The Claimant did not convince the Court that he was owed 90 days of annual leave. He did not specify the relevant years, during which these days accrued. He testified sick leave was translated by the Respondent into annual leave. He did not inform the Court when he was on sick leave, and on how many days he took such leave. The Respondent was candid, conceding in his evidence that the Claimant was owed 84 days of annual leave, as of 16th April 2014. The Court shall allow the claim for annual leave pay for 84  days - Kshs. 23,500 divide by 26 working days = Kshs. 903 x 84 =Kshs. 75,923.

The claim for severance pay seems to the Court to be misconceived. Severance pay arises under Section 40 of the Employment Act, in redundancy situation. The evidence on record does not suggest there was such a situation. Service pay, assuming this is the prayer the Claimant intended to pursue under this head, is not available to Employees who are subscribed to the N.S.S.F or who are beneficiaries under other Social Security Plans. They are ineligible under Section 35 [6] of the Employment Act. The Claimant was subscribed to the N.S.S.F. His prayer for severance, or service pay, is rejected.

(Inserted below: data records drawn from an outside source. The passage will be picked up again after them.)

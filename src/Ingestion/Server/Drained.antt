-- ===== src/Ingestion/Server/Drained.antt =====
-- cmd/main.go, consumeAdapterQueue, with server.go behind it: nothing that the adapters queue is lost.
use reconx.Base.{
  String, true, false, ◌≡◌, refl, sym, subst, ◌⊎◌, inl, inr, Option, none, some, List, [], ◌∷◌,
  Bool-cases, Option-cases, ℕ, All, Memᴰ, Mem-left, Mem-last,
}
use reconx.Base.Exec.{Result, ok, err, Result-cases}
use reconx.Base.Table.{find}
use reconx.Ingestion.Pipeline.{NormalizedRecord, Libs, StageError, ingestion_pipeline}
use reconx.Ingestion.Pipeline.Kept.{pipeline-Keeps}
use reconx.Ingestion.Stores.{
  idempotency_key, record_key, IdempotencyRow, Record, Entry, Tables, Env, Call, insert_record,
  enqueue, get_response, CachedResponse, StoreError,
}
use reconx.Ingestion.Server.{
  IngestRequest, submit_record, process, on_processed, on_stored, on_cached, proto_to_record,
  source_of, stored, cached_success, dead_letter, normalized_to_proto, consume_adapter_queue,
}
use reconx.Ingestion.Server.Accounted.{IsStored, insert_record-ok, submit_record-accounted}
use reconx.Ingestion.Server.Grows.{
  Grows, Grows-refl, Grows-trans, insert_record-Grows, set_response-Grows, enqueue-Grows, IsBacked,
  set_response-IsBacked,
}

-- A step that grows the tables and keeps every cached reply backed by a record.
abbrev pub IsStep : (before after : Tables) → Type 0
IsStep before after = Grows before after × (IsBacked before → IsBacked after)

-- Where the replies stay as they are, growing is enough.
same_replies :
    {before after : Tables}
    → Grows before after
    → after.idempotency ≡ before.idempotency
    → IsStep before after
same_replies g same = (
  g,
  λ h k a e.
      let (r, found) = h k a (subst (λ i. find idempotency_key k i ≡ some a) same e) in
      (r, g.records_stay k r found),
)

module _ {D : Type 0} (libs : Libs D) (ttl : ℕ) where
  on_stored-IsStep :
      (env : Env) (req : IngestRequest) (rec : NormalizedRecord D) (result : Result StoreError Unit)
      (tables : Tables)
      → (result ≡ ok tt → IsStored req tables)
      → IsStep tables (on_stored libs ttl env req rec result tables).1
  on_stored-IsStep env req rec (ok _) tables found =
      let (r, f) = found refl in
      (
        set_response-Grows env ttl req.idempotency_key (source_of req.metadata)
            (cached_success env rec.internal_id) tables,
        set_response-IsBacked env ttl req.idempotency_key (source_of req.metadata)
            (cached_success env rec.internal_id) tables r f,
      )
  on_stored-IsStep env req rec (err e) tables found =
      same_replies (enqueue-Grows env (dead_letter env rec "storage" "db_error") tables)
        (unfold enqueue in refl)

  on_processed-IsStep :
      (env : Env) (req : IngestRequest) (result : Result StageError Unit) (rec : NormalizedRecord D)
      (tables : Tables)
      → rec.idempotency_key ≡ req.idempotency_key
      → IsStep tables (on_processed libs ttl env req result rec tables).1
  on_processed-IsStep env req (ok _) rec tables same =
      let inserted = (insert_record env (stored libs rec) tables).1 in
      let (g, b) =
        same_replies (insert_record-Grows env (stored libs rec) tables)
          (unfold insert_record in refl) in
      let (g', b') =
        on_stored-IsStep env req rec (insert_record env (stored libs rec) tables).0 inserted λ e.
          let (r, f) = insert_record-ok libs ttl env (stored libs rec) tables e in
          (r, subst (λ k. find record_key k inserted.records ≡ some r) same f) in
      (Grows-trans g g', λ h. b' (b h))
  on_processed-IsStep env req (err e) rec tables same =
      same_replies (enqueue-Grows env (dead_letter env rec e.stage e.reason) tables)
        (unfold enqueue in refl)

  on_cached-IsStep :
      (env : Env) (req : IngestRequest) (cached : Result StoreError CachedResponse)
      (tables : Tables)
      → IsStep tables (on_cached libs ttl env req cached tables).1
  unfolding process
  on_cached-IsStep env req (ok c) tables = (Grows-refl tables, λ h. h)
  on_cached-IsStep env req (err e) tables =
      let (result, rec) = ingestion_pipeline libs env.now (proto_to_record libs env req) in
      let (_, same_key, _, _, _, _) = pipeline-Keeps libs env.now (proto_to_record libs env req) in
      on_processed-IsStep env req result rec tables (unfold proto_to_record in same_key)

  pub submit_record-IsStep :
      (env : Env) (req : IngestRequest) (tables : Tables)
      → IsStep tables (submit_record libs ttl env req tables).1
  unfolding submit_record
  submit_record-IsStep env req tables = elim (Bool-cases (env.allow (source_of req.metadata))) [
    | inl e ↦ rw e (on_cached-IsStep env req (get_response env req.idempotency_key tables).0 tables)
    | inr e ↦ rw e (Grows-refl tables, λ h. h)
  ]

-- The record's key is among the records, or the dead letter queue has an entry with its key, its source
-- and its bytes.
abbrev pub IsKept : {D : Type 0} → NormalizedRecord D → Tables → Type 0
IsKept rec tables =
    ((r : Record) × (find record_key rec.idempotency_key tables.records ≡ some r))
    ⊎ ((e : Entry) × Memᴰ e tables.dlq
        × (e.idempotency_key ≡ rec.idempotency_key)
        × (e.source_system ≡ rec.source_system)
        × (e.raw_payload ≡ rec.raw_payload))

pub IsKept-Grows :
    {D : Type 0} (rec : NormalizedRecord D) {before after : Tables}
    → Grows before after
    → IsKept rec before
    → IsKept rec after
IsKept-Grows rec g (inl (r, found)) = inl (r, g.records_stay rec.idempotency_key r found)
IsKept-Grows rec g (inr (e, m, k, s, b)) =
    inr (e, subst (Memᴰ e) (sym g.letters) (Mem-left g.added m), k, s, b)

-- The rate limiter lets the record's source through, and the dead letter queue can be written.
abbrev pub IsServed : {D : Type 0} → Env × Option (NormalizedRecord D) → Type 0
IsServed (env, none) = Unit
IsServed (env, some rec) = (env.allow rec.source_system ≡ true) × (env.fails Call.add_entry ≡ false)

abbrev pub IsDrained : {D : Type 0} → Tables → Env × Option (NormalizedRecord D) → Type 0
IsDrained tables (env, none) = Unit
IsDrained tables (env, some rec) = IsKept rec tables

pub live-found :
    (env : Env) (key : String) (tables : Tables) (c : CachedResponse)
    → (get_response env key tables).0 ≡ ok c
    → (a : IdempotencyRow) × (find idempotency_key key tables.idempotency ≡ some a)
unfolding get_response
live-found env key tables c e = elim (Bool-cases (env.fails Call.get_key)) [
  | inl q ↦ absurd (let k = rw q at e in cc)
  | inr q ↦ elim (Option-cases (find idempotency_key key tables.idempotency)) [
    | inr found ↦ found
    | inl f ↦ absurd (let k = rw (q, f) at e in cc)
  ]
]

module _ {D : Type 0} (libs : Libs D) (ttl : ℕ) where
  pub submit_record-IsKept :
      (env : Env) (rec : NormalizedRecord D) (tables : Tables)
      → IsBacked tables
      → env.allow rec.source_system ≡ true
      → env.fails Call.add_entry ≡ false
      → IsKept rec (submit_record libs ttl env (normalized_to_proto rec) tables).1
  unfolding normalized_to_proto
  submit_record-IsKept env rec tables backed allowed works =
      let req = normalized_to_proto rec in
      elim (Result-cases (get_response env req.idempotency_key tables).0) [
        | inl (c, e) ↦
            let (a, f) = live-found env req.idempotency_key tables c e in
            IsKept-Grows rec (submit_record-IsStep libs ttl env req tables).0
              (inl (backed req.idempotency_key a f))
        | inr (x, e) ↦ elim (submit_record-accounted libs ttl env req tables x allowed e works) [
          | inl is_stored ↦ inl is_stored
          | inr (letter, added, k, s, b) ↦
              inr (letter, subst (Memᴰ letter) (sym added) (Mem-last letter tables.dlq), k, s, b)
        ]
      ]

  drained_lem :
      (queue : List (Env × Option (NormalizedRecord D))) (tables : Tables)
      → All IsServed queue
      → IsBacked tables
      → Grows tables (consume_adapter_queue libs ttl queue tables)
        × All (IsDrained (consume_adapter_queue libs ttl queue tables)) queue
  unfolding consume_adapter_queue
  drained_lem [] tables served backed = (Grows-refl tables, tt)
  drained_lem ((env, none) ∷ rest) tables served backed =
      let (g, h) = drained_lem rest tables served.1 backed in (g, (tt, h))
  drained_lem ((env, some rec) ∷ rest) tables served backed =
      let after = (submit_record libs ttl env (normalized_to_proto rec) tables).1 in
      let (grown, keeps) = submit_record-IsStep libs ttl env (normalized_to_proto rec) tables in
      let (g, h) = drained_lem rest after served.1 (keeps backed) in
      (
        Grows-trans grown g,
        (IsKept-Grows rec g (submit_record-IsKept env rec tables backed served.0.0 served.0.1), h),
      )

  -- When the adapter queue is drained, every record that was on it has its key among the records, or
  -- an entry of the dead letter queue with its key, source and bytes; where the rate limiter lets each
  -- record through, the dead letter queue can be written, and each reply that was cached before stands
  -- for a stored record.
  pub consume_adapter_queue-IsDrained :
      (queue : List (Env × Option (NormalizedRecord D))) (tables : Tables)
      → All IsServed queue
      → IsBacked tables
      → All (IsDrained (consume_adapter_queue libs ttl queue tables)) queue
  consume_adapter_queue-IsDrained queue tables served backed =
      (drained_lem queue tables served backed).1
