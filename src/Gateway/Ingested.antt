-- ===== src/Gateway/Ingested.antt =====
-- handlers.go, submitRecord, with services/ingestion behind it: what a client of the gateway learns of a
-- record. The text that goes with an error's code is a parameter.
use reconx.Base.{ℕ, String, true, ◌≡◌, refl, subst, inl, inr, some, Bool-cases, Option-cases}
use reconx.Base.Exec.{Result, ok, err, Exec, renamed, Result-cases}
use reconx.Base.Table.{find}
use reconx.Proto.{Code}
use reconx.Ingestion.Pipeline.{NormalizedRecord, Libs, StageError, ingestion_pipeline}
use reconx.Ingestion.Pipeline.Kept.{pipeline-Keeps}
use reconx.Ingestion.Stores.{
  record_key, Tables, Env, get_response, insert_record, StoreError, set_response,
}
use reconx.Ingestion.Server.{
  IngestRequest, IngestResponse, submit_record, process, on_processed, on_stored, proto_to_record,
  source_of, stored,
}
use reconx.Ingestion.Server.Accounted.{IsStored, insert_record-ok}
use reconx.Ingestion.Server.Grows.{IsBacked}
use reconx.Ingestion.Server.Drained.{live-found}
use reconx.Gateway.Http.{Request, RpcError, status_error, ingest_body}
use reconx.Gateway.Handlers.{Clients, IngestRequestBody, ingest_request, reply}
use reconx.Gateway.Handlers as G

module _ {D : Type 0} (libs : Libs D) (ttl : ℕ) where
  on_stored_success :
      (env : Env) (req : IngestRequest) (rec : NormalizedRecord D) (result : Result StoreError Unit)
      (tables : Tables) {resp : IngestResponse}
      → (result ≡ ok tt → IsStored req tables)
      → (on_stored libs ttl env req rec result tables).0 ≡ ok resp
      → IsStored req (on_stored libs ttl env req rec result tables).1
  unfolding set_response
  on_stored_success env req rec (ok _) tables found e = found refl
  on_stored_success env req rec (err x) tables found e = cc

  on_processed_success :
      (env : Env) (req : IngestRequest) (result : Result StageError Unit) (rec : NormalizedRecord D)
      (tables : Tables) {resp : IngestResponse}
      → rec.idempotency_key ≡ req.idempotency_key
      → (on_processed libs ttl env req result rec tables).0 ≡ ok resp
      → resp.success ≡ true
      → IsStored req (on_processed libs ttl env req result rec tables).1
  on_processed_success env req (ok _) rec tables same e done =
      let inserted = (insert_record env (stored libs rec) tables).1 in
      on_stored_success env req rec (insert_record env (stored libs rec) tables).0 inserted
        (λ i.
          let (r, f) = insert_record-ok libs ttl env (stored libs rec) tables i in
          (r, subst (λ k. find record_key k inserted.records ≡ some r) same f))
        e
  on_processed_success env req (err x) rec tables same e done = cc

  -- A response with success is given only for a key that has a record.
  submit_record_success :
      (env : Env) (req : IngestRequest) (tables : Tables) {resp : IngestResponse}
      → IsBacked tables
      → (submit_record libs ttl env req tables).0 ≡ ok resp
      → resp.success ≡ true
      → IsStored req (submit_record libs ttl env req tables).1
  unfolding submit_record process
  submit_record_success env req tables backed e done =
      elim (Bool-cases (env.allow (source_of req.metadata))) [
        | inr q ↦ absurd (let k = rw q at e in cc)
        | inl q ↦ elim (Result-cases (get_response env req.idempotency_key tables).0) [
          | inl (c, r) ↦
              let (a, f) = live-found env req.idempotency_key tables c r in
              rw (q, r) (backed req.idempotency_key a f)
          | inr (x, r) ↦
              let (_, same_key, _, _, _, _) =
                pipeline-Keeps libs env.now (proto_to_record libs env req) in
              rw (q, r)
                (on_processed_success env req
                  (ingestion_pipeline libs env.now (proto_to_record libs env req)).0
                  (ingestion_pipeline libs env.now (proto_to_record libs env req)).1 tables
                  (unfold proto_to_record in same_key) (rw (q, r) at e) done)
        ]
      ]

  -- The call of the ingestion server, as a client sees it.
  unfoldable pub ingest_call :
      (Code → String) → Env → IngestRequest → Exec Tables RpcError IngestResponse
  ingest_call message env req tables =
      let (result, tables') = submit_record libs ttl env req tables in
      (renamed (λ c. status_error c (message c)) result, tables')

  abbrev pub ingesting : (Code → String) → Env → Clients Tables → Clients Tables
  ingesting message env others = record others { submit_record = ingest_call message env }

  -- Where the gateway reports success for a record, its body decodes and the record's key is in the
  -- table of records; each reply that was cached before stands for a stored record.
  pub ingest-IsStored :
      (calls : G.Libs) (message : Code → String) (env : Env) (others : Clients Tables)
      (req : Request) (tables : Tables) (internal_id : String)
      → IsBacked tables
      → (G.submit_record calls (ingesting message env others) req tables).0.body
        ≡ ingest_body internal_id true
      → (body : IngestRequestBody) × (calls.decode_ingest req.body ≡ some body)
        × IsStored
            (ingest_request body)
            (G.submit_record calls (ingesting message env others) req tables).1
  unfolding G.submit_record reply ingest_call
  ingest-IsStored calls message env others req tables internal_id backed e =
      elim (Option-cases (calls.decode_ingest req.body)) [
        | inl b ↦ absurd (let k = rw (b, G.submit_record) at e in cc)
        | inr (body, b) ↦
            elim (Result-cases (submit_record libs ttl env (ingest_request body) tables).0) [
              | inr (c, r) ↦ absurd (let k = rw (b, G.submit_record, r) at e in cc)
              | inl (resp, r) ↦
                  let k : ingest_body resp.internal_id resp.success ≡ ingest_body internal_id true =
                    rw (b, G.submit_record, r) at e in
                  let done : resp.success ≡ true = cc in
                  (
                    body,
                    b,
                    rw (b, G.submit_record, r)
                        (submit_record_success env (ingest_request body) tables backed r done),
                  )
            ]
      ]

He left employment on 16th April 2014. This is when the letter of summary dismissal issued. It would not matter that the Claimant was on leave prior to this date. He was still in employment and entitled to his salary. He earned his salary for 16 days worked. There is no reason not to pay him for days worked.  He is granted salary for 16 days worked at Kshs. 14,461. Parties shall meet their own costs of this litigation.

IN SUM, IS ORDERED:-

a)The Respondent shall pay to the Claimant annual leave pay at Kshs. 75,923 and salary for 16 days worked at Kshs. 14,461- total Kshs. 90,384.

b) No order on the costs.

c)The full amount shall be paid within 21 days, in default the amount to attract interest at 14% from the end of the 21 days, until full payment.

Dated and delivered at Mombasa this 29th  day of July, 2016.